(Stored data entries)
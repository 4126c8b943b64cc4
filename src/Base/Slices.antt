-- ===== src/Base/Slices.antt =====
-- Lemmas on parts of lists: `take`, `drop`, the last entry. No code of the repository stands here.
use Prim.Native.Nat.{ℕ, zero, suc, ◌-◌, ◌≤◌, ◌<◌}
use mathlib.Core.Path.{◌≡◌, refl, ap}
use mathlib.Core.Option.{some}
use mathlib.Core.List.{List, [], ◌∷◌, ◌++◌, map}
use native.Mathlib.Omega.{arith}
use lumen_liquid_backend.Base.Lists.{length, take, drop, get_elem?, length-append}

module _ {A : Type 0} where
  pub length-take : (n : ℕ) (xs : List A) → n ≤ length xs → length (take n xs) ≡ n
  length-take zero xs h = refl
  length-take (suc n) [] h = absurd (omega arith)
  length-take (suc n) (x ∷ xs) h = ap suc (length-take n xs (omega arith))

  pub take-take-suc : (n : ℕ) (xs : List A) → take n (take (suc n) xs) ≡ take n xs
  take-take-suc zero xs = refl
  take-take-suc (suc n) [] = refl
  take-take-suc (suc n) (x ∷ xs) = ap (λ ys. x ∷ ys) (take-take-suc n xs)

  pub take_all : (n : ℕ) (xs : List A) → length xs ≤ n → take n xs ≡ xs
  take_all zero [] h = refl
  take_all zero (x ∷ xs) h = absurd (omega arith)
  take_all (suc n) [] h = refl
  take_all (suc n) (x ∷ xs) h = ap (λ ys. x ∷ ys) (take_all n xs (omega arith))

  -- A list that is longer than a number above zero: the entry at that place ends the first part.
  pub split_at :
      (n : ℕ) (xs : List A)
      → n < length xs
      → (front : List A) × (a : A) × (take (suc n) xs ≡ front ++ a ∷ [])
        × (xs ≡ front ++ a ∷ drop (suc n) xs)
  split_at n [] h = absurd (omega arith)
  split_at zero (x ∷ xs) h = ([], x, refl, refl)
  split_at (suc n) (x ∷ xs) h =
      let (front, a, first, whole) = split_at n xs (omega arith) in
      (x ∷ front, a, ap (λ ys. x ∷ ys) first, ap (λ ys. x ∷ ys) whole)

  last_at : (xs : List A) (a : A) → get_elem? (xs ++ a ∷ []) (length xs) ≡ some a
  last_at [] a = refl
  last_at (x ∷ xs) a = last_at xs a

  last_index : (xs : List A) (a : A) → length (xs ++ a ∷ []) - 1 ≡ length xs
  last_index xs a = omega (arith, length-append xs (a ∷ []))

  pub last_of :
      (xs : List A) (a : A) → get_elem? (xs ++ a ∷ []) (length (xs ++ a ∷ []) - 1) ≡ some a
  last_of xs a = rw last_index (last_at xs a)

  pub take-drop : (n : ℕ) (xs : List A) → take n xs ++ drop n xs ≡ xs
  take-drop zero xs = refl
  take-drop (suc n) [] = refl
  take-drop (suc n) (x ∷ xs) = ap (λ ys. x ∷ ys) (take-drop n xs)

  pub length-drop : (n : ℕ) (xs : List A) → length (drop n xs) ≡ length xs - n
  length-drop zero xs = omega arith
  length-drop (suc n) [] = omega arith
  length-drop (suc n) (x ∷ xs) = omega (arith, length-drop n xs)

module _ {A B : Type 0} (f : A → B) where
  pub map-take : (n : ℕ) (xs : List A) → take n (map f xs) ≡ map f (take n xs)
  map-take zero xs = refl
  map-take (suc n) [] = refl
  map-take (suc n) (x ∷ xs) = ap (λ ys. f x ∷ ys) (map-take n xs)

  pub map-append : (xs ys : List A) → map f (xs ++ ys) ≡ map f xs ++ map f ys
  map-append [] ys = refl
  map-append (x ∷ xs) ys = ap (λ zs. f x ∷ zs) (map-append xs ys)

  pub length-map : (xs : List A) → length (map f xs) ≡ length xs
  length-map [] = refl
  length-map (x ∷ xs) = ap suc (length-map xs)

• Task description: Return exactly the lines in the records above, beginning with the one that holds "map-append (x ∷" and ending with the last.

• Response area:
  map-append (x ∷ xs) ys = ap (λ zs. f x ∷ zs) (map-append xs ys)

  pub length-map : (xs : List A) → length (map f xs) ≡ length xs
  length-map [] = refl
  length-map (x ∷ xs) = ap suc (length-map xs)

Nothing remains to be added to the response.